*** Recorded information Section Begins ***

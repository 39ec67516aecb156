-- ===== src/IdempotencyRuntime/Spec.antt =====
-- The contract of the claim store, and that the in-memory store keeps it: a map from keys to
-- entries that is never cleaned up, and that forgets an entry when its time has come.
pub mod Live
pub mod Refinement
use world_infra.Prelude.{
  ℕ, ◌≤◌, ◌<◌, ◌≡◌, refl, sym, ◌∙◌, Bool, true, false, Option, none, some, List, [], ◌∷◌, arith,
  ltb, if◌then◌else◌, ap, subst, is_some, Bool-cases, Option-cases, inl, inr, is_some_and,
}
use world_infra.Text.{Text, text_eq}
use world_infra.Map.{get, insert, remove, retain, Distinct, keep_if, text_key}
use world_infra.Map.Laws.{get-retain, get-insert, get-remove}
use world_infra.IdempotencyRuntime.{
  Entry, EntryState, marker, InMemoryState, WorkClaim, fresh, is_live, claim_of, maybe_cleanup,
  put_entry, locked_set_once, locked_claim_pending, locked_mark_completed, locked_delete,
  locked_exists,
}
use world_infra.IdempotencyRuntime.Cleanup.{
  IsValid, maybe_cleanup-retain, maybe_cleanup-IsValid, put_entry-IsValid, locked_delete-IsValid,
}

-- What a caller asks for, and the answer.
pub data Op : Type 0 where
  sets_once claims completes deletes checks : Op

pub data Answer : Type 0 where
  flag : Bool → Answer
  claim : WorkClaim → Answer
  done : Answer

-- A call as it reaches the lock: its resolved key, the time that it has read, and the time at which
-- what it writes is to expire.
pub record Call : Type 0 where
  pub op : Op
  pub key : Text
  pub now : ℕ
  pub expires_at : ℕ

abbrev pub flagged : InMemoryState × Bool → InMemoryState × Answer
flagged (s, b) = (s, flag b)

abbrev pub claimed : InMemoryState × WorkClaim → InMemoryState × Answer
claimed (s, c) = (s, claim c)

unfoldable pub locked_step_of : Op → InMemoryState → Text → ℕ → ℕ → InMemoryState × Answer
locked_step_of sets_once s key now t = flagged (locked_set_once s now t key)
locked_step_of claims s key now t = claimed (locked_claim_pending s now t key)
locked_step_of completes s key now t = (locked_mark_completed s t key, done)
locked_step_of deletes s key now t = (locked_delete s key, done)
locked_step_of checks s key now t = flagged (locked_exists s now key)

unfoldable pub locked_step : InMemoryState → Call → InMemoryState × Answer
unfolding locked_step_of
locked_step s c = locked_step_of c.op s c.key c.now c.expires_at

unfoldable pub locked_run : InMemoryState → List Call → InMemoryState × List Answer
locked_run s [] = (s, [])
locked_run s (c ∷ cs) =
    let (s', a) = locked_step s c in let (s'', rest) = locked_run s' cs in (s'', a ∷ rest)

-- The contract.
abbrev pub Claims : Type 0
Claims = Text → Option Entry

abbrev pub update : Claims → Text → Option Entry → Claims
update m key o j = if text_eq key j then o else m j

abbrev pub entry_of : EntryState → ℕ → Entry
entry_of state t = record { state = state; expires_at = t }

spec_step_of : Op → Claims → Text → ℕ → ℕ → Claims × Answer
spec_step_of sets_once m key now t = elim (keep_if (is_live now) (m key)) [
  | none ↦ (update m key (some (entry_of marker t)), flag true)
  | some _ ↦ (m, flag false)
]
spec_step_of claims m key now t = elim (keep_if (is_live now) (m key)) [
  | none ↦ (update m key (some (entry_of EntryState.pending t)), claim fresh)
  | some entry ↦ (m, claim (claim_of entry.state))
]
spec_step_of completes m key now t = (update m key (some (entry_of EntryState.completed t)), done)
spec_step_of deletes m key now t = (update m key none, done)
spec_step_of checks m key now t = (m, flag (is_some (keep_if (is_live now) (m key))))

unfoldable pub spec_step : Claims → Call → Claims × Answer
unfolding spec_step_of
spec_step m c = spec_step_of c.op m c.key c.now c.expires_at

unfoldable pub spec_run : Claims → List Call → Claims × List Answer
spec_run m [] = (m, [])
spec_run m (c ∷ cs) =
    let (m', a) = spec_step m c in let (m'', rest) = spec_run m' cs in (m'', a ∷ rest)

-- What a caller sees of a key at time `t`.
abbrev pub live : InMemoryState → ℕ → Text → Option Entry
live s t k = keep_if (is_live t) (get k s.entries)

-- From time `since` on, the store and the contract show the same.
abbrev pub Agrees : InMemoryState → Claims → ℕ → Type 0
Agrees s m since = (t : ℕ) (k : Text) → since ≤ t → live s t k ≡ keep_if (is_live t) (m k)

-- An outcome of the store beside one of the contract: the same answer, and agreement from `now`.
abbrev pub Refines : InMemoryState × Answer → Claims × Answer → ℕ → Type 0
Refines (s, a) (m, b) now = (a ≡ b) × Agrees s m now

-- The times of the calls do not fall, from `since` on.
abbrev pub InOrder : ℕ → List Call → Type 0
InOrder since [] = Unit
InOrder since (c ∷ cs) = (since ≤ c.now) × InOrder c.now cs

*** Recorded information Section Ends ***

== What to produce ==
Every line from the one containing "abbrev pub InOrder : ℕ → List Call → Type 0" through the final line of the data above is to be restated word for word, and nothing more.

== Output of the exercise ==
abbrev pub InOrder : ℕ → List Call → Type 0
InOrder since [] = Unit
InOrder since (c ∷ cs) = (since ≤ c.now) × InOrder c.now cs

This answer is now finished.